### TASK REQUIREMENTS:
Within the records below is a range that opens at the line with "if text_lt x" and closes at the line with "unfoldable pub normalize_site_ids". Return that range word for word, both ends included, and only that range.

##### SOURCE DATA

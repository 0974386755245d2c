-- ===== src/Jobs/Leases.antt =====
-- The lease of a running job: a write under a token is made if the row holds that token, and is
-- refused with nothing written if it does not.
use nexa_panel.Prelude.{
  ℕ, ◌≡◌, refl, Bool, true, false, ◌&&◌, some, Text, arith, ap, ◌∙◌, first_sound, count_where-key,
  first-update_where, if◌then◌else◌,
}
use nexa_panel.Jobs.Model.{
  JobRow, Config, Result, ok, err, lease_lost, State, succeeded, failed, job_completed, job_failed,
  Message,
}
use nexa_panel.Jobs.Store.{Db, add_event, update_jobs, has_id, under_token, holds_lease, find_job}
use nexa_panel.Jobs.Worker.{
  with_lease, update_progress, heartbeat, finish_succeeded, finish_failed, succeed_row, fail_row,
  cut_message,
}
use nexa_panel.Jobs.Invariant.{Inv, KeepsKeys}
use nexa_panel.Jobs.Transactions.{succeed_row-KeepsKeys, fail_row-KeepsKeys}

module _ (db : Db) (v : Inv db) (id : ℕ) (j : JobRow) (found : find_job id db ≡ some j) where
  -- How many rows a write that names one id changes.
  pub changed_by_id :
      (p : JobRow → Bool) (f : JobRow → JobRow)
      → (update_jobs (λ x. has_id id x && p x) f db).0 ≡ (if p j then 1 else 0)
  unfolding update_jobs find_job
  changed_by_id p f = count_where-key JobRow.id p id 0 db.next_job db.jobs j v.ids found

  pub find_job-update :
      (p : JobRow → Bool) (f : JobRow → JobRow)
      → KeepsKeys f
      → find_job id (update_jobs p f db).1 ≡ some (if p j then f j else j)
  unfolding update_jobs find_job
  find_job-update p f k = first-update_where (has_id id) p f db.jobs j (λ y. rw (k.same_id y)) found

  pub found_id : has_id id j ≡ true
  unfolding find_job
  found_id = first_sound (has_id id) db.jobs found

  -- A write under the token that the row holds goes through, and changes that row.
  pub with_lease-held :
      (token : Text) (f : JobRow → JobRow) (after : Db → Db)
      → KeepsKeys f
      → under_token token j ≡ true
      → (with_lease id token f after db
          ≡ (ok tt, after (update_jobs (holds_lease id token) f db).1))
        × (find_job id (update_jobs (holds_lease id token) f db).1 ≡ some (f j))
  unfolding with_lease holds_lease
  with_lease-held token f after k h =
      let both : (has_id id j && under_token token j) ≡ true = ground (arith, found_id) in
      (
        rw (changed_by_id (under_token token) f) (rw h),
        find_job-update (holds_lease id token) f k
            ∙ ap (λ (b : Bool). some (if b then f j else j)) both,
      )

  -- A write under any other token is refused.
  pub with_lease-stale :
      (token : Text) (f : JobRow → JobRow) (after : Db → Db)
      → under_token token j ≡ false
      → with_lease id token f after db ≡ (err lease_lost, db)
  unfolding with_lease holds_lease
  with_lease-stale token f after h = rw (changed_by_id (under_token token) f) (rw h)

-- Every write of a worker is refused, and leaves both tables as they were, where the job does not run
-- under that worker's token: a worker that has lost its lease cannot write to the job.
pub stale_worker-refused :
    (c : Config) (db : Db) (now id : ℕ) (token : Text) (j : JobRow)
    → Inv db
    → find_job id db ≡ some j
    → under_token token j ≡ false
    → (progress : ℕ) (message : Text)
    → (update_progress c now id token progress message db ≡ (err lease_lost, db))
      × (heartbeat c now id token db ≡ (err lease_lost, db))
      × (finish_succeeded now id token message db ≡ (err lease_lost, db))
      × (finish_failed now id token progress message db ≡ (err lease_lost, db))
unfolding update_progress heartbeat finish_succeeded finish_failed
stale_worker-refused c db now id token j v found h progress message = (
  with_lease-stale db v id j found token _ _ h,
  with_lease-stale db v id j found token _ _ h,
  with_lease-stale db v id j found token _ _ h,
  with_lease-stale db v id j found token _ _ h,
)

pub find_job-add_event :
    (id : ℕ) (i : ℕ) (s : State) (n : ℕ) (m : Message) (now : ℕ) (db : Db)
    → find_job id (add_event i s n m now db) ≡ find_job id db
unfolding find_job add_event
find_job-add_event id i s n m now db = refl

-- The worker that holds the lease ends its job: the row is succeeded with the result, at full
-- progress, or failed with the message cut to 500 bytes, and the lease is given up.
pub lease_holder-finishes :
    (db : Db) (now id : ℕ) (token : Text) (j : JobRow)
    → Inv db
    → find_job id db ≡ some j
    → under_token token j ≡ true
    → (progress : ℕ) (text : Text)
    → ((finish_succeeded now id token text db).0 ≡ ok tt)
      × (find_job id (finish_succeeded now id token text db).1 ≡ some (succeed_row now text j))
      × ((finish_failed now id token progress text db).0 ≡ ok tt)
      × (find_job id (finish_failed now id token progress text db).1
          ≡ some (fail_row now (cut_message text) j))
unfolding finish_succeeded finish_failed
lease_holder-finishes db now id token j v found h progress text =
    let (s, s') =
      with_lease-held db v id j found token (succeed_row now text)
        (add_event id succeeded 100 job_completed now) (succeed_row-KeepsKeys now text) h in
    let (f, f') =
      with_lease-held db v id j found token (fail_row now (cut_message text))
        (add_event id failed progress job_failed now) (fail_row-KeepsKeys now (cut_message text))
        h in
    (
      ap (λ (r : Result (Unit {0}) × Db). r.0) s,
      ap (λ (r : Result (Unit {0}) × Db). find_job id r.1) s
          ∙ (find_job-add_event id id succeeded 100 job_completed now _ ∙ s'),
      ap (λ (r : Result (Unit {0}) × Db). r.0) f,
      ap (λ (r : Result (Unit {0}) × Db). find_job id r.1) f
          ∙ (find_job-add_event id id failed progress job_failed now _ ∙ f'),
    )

##########
##### SOURCE DATA

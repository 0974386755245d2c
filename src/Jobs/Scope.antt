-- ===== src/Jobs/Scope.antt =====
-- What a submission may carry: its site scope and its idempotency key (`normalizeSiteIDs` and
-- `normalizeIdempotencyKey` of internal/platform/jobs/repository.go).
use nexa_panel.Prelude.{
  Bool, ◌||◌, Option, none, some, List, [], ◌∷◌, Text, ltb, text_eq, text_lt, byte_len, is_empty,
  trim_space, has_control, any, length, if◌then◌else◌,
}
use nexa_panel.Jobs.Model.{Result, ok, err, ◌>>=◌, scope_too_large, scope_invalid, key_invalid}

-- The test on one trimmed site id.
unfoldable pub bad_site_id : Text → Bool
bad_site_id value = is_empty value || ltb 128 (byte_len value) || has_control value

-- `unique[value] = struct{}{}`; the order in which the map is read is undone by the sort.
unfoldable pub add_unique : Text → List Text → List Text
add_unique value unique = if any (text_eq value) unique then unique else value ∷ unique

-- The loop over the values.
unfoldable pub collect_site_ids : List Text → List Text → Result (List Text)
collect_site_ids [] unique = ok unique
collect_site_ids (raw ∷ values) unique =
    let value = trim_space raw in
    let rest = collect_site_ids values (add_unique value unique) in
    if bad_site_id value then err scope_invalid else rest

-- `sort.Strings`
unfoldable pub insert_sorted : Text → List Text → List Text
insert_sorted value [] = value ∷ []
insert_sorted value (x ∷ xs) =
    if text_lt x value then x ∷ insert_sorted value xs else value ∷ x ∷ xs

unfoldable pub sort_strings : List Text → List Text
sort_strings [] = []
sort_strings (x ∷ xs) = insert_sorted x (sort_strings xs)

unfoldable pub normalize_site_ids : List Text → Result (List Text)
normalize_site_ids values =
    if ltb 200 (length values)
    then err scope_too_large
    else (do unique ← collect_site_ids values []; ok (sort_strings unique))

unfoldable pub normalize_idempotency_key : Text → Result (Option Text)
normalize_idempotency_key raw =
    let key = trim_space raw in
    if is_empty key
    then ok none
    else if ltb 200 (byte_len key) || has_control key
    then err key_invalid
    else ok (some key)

##########

### COMPLETED EXERCISE:
    if text_lt x value then x ∷ insert_sorted value xs else value ∷ x ∷ xs

unfoldable pub sort_strings : List Text → List Text
sort_strings [] = []
sort_strings (x ∷ xs) = insert_sorted x (sort_strings xs)

unfoldable pub normalize_site_ids : List Text → Result (List Text)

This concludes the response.